▶ [Directions] Copy each line of the records below, from the first through the one that contains "singles (suc n) = 1 ∷ singles n", exactly as written.

*** Opening of Available data ***

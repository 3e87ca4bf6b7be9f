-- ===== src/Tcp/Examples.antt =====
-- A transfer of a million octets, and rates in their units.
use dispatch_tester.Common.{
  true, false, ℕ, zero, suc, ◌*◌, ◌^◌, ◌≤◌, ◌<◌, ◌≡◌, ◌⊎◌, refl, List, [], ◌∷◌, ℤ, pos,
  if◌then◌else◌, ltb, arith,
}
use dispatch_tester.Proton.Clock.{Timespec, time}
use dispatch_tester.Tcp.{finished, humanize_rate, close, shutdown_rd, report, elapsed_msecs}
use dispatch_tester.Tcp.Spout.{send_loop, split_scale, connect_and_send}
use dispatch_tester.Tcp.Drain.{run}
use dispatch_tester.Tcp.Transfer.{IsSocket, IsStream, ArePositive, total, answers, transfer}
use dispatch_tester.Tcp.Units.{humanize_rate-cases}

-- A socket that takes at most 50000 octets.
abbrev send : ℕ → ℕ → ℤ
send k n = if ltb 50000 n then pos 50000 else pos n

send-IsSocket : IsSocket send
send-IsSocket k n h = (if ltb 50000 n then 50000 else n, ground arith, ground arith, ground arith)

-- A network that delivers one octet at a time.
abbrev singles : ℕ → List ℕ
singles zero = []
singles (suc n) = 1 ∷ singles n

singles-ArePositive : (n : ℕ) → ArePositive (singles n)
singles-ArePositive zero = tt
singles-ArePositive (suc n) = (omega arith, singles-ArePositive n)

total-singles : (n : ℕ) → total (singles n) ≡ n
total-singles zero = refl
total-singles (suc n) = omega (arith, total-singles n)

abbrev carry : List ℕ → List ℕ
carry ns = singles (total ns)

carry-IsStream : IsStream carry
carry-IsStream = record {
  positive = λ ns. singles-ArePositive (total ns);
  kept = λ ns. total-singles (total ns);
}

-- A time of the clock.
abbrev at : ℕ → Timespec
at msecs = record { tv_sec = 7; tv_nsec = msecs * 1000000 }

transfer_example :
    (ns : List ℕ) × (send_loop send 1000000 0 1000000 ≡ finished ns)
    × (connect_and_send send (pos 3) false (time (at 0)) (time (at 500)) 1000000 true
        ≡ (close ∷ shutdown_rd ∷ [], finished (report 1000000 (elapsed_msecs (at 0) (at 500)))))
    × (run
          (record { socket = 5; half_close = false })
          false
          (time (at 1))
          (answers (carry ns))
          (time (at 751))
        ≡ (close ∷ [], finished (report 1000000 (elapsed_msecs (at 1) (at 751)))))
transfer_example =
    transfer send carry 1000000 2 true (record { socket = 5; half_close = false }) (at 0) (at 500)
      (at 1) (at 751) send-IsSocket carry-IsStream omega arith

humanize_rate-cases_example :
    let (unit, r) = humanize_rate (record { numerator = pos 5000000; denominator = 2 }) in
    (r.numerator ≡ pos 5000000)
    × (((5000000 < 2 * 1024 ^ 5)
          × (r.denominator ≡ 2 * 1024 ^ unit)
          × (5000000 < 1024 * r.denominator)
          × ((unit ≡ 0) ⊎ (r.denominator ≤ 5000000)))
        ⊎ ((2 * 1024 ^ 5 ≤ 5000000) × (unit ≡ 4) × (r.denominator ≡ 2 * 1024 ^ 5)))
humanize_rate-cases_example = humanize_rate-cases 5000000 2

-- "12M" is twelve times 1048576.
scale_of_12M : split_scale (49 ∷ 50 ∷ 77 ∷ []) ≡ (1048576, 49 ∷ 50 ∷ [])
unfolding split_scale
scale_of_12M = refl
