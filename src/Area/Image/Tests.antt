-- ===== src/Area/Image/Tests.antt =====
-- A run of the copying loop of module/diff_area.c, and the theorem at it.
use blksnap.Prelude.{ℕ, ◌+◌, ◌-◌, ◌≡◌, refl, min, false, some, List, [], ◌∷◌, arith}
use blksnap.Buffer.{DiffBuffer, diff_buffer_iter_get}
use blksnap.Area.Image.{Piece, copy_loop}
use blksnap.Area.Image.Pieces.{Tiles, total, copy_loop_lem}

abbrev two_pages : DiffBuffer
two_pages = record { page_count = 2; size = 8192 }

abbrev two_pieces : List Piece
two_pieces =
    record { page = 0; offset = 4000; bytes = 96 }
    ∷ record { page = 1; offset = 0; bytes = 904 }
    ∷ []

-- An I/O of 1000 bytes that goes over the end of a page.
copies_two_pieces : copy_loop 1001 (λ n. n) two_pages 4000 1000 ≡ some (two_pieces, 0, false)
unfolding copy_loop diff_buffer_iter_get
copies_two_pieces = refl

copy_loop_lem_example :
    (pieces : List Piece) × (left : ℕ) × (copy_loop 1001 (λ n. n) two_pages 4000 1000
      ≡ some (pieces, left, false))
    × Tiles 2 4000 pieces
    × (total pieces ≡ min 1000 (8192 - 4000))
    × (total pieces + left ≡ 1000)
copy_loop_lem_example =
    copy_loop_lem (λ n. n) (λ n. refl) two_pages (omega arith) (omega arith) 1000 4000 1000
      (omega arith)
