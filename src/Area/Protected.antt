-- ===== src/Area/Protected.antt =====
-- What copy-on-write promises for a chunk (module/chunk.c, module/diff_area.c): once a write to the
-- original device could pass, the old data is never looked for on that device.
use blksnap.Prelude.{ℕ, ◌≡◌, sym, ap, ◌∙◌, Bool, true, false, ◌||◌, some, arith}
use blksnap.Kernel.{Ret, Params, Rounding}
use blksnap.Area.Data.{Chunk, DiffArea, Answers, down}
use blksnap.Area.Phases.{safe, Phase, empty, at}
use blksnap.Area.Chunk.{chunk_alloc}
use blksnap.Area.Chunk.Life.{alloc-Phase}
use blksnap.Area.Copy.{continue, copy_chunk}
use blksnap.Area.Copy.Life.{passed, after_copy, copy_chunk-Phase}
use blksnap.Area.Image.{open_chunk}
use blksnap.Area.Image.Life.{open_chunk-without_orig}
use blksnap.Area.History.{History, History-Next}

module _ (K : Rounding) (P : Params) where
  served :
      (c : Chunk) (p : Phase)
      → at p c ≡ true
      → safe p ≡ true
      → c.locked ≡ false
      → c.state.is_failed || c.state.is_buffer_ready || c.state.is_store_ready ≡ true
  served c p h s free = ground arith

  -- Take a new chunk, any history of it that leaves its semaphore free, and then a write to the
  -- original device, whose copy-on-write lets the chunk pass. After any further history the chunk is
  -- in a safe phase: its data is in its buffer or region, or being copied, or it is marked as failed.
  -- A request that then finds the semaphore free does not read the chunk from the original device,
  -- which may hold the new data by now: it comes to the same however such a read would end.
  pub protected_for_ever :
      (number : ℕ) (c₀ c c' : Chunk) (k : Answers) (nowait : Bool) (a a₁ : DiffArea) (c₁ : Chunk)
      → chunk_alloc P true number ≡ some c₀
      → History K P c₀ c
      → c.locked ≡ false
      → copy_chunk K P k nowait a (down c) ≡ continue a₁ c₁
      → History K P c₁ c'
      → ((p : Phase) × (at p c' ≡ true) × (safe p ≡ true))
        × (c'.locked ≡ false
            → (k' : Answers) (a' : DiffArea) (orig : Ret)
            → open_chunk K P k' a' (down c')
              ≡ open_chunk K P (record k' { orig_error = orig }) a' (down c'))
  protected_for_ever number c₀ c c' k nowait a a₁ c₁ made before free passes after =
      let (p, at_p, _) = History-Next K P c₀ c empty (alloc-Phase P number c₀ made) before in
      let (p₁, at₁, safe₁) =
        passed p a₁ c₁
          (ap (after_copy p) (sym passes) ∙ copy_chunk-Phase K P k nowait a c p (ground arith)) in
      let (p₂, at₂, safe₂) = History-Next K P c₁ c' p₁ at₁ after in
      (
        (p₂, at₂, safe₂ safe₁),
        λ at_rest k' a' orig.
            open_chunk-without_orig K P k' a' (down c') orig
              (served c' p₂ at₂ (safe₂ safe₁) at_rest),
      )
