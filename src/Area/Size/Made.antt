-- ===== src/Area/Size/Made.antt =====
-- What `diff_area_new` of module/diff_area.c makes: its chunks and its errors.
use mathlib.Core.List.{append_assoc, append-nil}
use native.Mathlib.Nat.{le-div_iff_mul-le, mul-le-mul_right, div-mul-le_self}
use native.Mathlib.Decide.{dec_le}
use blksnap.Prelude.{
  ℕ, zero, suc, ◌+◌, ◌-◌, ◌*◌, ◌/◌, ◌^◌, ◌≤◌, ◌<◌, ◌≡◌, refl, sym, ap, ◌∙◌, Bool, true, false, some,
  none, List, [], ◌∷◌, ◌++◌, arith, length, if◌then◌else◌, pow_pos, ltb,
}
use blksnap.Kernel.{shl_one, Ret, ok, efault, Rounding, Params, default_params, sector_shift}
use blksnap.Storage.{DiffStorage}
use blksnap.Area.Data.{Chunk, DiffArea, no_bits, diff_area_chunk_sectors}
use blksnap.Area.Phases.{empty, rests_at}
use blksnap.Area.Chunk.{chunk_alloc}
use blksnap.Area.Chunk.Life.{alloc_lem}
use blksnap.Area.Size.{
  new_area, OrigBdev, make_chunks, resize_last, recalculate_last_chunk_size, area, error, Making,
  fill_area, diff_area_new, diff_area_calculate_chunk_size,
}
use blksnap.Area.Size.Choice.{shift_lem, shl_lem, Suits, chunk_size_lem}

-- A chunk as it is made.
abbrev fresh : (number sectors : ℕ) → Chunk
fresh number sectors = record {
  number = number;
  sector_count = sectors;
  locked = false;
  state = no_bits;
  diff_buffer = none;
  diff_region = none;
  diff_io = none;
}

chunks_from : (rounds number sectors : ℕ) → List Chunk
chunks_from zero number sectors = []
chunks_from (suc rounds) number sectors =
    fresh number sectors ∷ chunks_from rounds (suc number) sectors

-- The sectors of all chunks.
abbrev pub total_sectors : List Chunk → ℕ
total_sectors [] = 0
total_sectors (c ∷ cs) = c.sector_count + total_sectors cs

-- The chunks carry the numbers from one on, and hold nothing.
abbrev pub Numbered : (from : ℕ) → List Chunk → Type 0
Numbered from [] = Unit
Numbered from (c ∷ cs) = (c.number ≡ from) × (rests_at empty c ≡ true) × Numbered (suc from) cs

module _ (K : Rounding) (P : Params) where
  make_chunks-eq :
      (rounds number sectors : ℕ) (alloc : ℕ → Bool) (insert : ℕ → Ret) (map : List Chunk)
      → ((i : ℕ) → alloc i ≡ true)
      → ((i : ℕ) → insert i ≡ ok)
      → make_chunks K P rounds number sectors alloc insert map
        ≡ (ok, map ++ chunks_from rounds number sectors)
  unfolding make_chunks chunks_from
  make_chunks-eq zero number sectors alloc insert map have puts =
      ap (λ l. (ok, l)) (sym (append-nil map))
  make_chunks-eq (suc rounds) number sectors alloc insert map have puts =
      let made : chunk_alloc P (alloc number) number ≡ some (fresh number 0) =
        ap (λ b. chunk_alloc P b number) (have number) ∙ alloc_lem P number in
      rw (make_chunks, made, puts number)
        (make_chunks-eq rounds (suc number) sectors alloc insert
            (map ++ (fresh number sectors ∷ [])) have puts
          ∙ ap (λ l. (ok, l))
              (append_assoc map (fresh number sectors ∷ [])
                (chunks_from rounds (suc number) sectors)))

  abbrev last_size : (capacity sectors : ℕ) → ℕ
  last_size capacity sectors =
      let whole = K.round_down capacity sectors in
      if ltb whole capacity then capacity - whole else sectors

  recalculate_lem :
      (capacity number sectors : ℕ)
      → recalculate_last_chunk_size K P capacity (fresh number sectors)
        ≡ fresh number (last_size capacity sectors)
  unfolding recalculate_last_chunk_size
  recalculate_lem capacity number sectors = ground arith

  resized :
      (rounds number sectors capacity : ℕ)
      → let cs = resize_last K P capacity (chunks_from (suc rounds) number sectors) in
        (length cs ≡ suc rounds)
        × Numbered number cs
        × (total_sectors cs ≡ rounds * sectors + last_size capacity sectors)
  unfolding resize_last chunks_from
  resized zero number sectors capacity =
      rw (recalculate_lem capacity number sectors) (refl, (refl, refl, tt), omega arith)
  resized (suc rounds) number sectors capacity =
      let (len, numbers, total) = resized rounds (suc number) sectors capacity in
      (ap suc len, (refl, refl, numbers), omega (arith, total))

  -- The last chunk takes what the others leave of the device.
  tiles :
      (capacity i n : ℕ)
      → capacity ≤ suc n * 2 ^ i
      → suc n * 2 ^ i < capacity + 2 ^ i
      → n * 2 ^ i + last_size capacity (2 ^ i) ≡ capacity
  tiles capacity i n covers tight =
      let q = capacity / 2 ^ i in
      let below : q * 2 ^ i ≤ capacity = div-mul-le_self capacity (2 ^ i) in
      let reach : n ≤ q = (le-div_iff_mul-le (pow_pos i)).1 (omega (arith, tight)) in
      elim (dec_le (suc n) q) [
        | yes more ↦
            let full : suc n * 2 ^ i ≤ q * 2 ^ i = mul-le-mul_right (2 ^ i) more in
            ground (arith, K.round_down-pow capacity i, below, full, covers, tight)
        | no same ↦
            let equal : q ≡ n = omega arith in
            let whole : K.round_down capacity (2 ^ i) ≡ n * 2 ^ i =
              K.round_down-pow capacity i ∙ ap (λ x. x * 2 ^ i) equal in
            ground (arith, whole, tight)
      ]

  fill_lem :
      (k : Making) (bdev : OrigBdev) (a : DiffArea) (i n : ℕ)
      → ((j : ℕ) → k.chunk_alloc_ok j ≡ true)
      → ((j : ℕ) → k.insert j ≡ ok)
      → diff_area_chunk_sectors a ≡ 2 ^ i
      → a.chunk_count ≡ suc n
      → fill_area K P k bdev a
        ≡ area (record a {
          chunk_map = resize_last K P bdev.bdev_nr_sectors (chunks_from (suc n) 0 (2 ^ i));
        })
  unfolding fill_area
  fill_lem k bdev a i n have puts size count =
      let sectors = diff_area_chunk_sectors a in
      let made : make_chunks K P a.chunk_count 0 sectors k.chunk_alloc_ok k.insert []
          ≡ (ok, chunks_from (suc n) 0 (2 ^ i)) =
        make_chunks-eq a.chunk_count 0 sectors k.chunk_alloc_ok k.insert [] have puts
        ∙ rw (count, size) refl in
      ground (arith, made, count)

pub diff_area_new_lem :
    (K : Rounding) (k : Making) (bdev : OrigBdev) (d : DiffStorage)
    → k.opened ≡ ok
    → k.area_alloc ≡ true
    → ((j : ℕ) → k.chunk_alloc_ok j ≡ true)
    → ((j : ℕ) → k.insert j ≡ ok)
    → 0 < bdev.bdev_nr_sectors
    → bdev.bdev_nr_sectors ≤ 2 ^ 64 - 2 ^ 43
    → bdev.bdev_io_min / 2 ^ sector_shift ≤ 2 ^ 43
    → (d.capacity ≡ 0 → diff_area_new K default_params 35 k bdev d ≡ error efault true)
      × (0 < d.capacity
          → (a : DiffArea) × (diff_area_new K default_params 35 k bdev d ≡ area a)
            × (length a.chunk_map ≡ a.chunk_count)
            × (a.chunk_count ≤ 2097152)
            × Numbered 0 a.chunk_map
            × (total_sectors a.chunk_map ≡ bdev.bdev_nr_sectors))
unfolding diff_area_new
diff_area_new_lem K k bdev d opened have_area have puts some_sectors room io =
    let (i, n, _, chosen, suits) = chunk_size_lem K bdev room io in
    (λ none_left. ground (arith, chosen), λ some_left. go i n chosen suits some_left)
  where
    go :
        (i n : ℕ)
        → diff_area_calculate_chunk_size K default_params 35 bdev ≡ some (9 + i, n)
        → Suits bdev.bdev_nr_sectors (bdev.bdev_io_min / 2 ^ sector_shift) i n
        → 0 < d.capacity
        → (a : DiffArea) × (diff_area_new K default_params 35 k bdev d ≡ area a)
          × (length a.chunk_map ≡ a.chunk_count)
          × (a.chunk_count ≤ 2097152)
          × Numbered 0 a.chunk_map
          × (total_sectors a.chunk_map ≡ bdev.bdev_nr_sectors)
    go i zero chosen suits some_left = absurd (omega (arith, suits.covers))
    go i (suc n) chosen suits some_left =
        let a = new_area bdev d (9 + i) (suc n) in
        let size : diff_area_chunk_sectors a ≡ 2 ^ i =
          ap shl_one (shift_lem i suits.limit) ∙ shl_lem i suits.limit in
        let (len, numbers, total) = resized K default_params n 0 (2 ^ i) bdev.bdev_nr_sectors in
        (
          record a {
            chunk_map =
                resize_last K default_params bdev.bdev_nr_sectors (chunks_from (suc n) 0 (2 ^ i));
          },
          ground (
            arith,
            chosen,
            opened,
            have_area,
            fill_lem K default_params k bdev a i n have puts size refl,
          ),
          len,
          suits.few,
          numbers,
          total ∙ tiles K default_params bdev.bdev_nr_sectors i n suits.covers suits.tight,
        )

*** Close of Available data ***

▶ [Problem solution]
repository 3e87ca4bf6b7be9f
-- ===== src/Tcp/Examples.antt =====
-- A transfer of a million octets, and rates in their units.
use dispatch_tester.Common.{
  true, false, ℕ, zero, suc, ◌*◌, ◌^◌, ◌≤◌, ◌<◌, ◌≡◌, ◌⊎◌, refl, List, [], ◌∷◌, ℤ, pos,
  if◌then◌else◌, ltb, arith,
}
use dispatch_tester.Proton.Clock.{Timespec, time}
use dispatch_tester.Tcp.{finished, humanize_rate, close, shutdown_rd, report, elapsed_msecs}
use dispatch_tester.Tcp.Spout.{send_loop, split_scale, connect_and_send}
use dispatch_tester.Tcp.Drain.{run}
use dispatch_tester.Tcp.Transfer.{IsSocket, IsStream, ArePositive, total, answers, transfer}
use dispatch_tester.Tcp.Units.{humanize_rate-cases}

-- A socket that takes at most 50000 octets.
abbrev send : ℕ → ℕ → ℤ
send k n = if ltb 50000 n then pos 50000 else pos n

send-IsSocket : IsSocket send
send-IsSocket k n h = (if ltb 50000 n then 50000 else n, ground arith, ground arith, ground arith)

-- A network that delivers one octet at a time.
abbrev singles : ℕ → List ℕ
singles zero = []
singles (suc n) = 1 ∷ singles n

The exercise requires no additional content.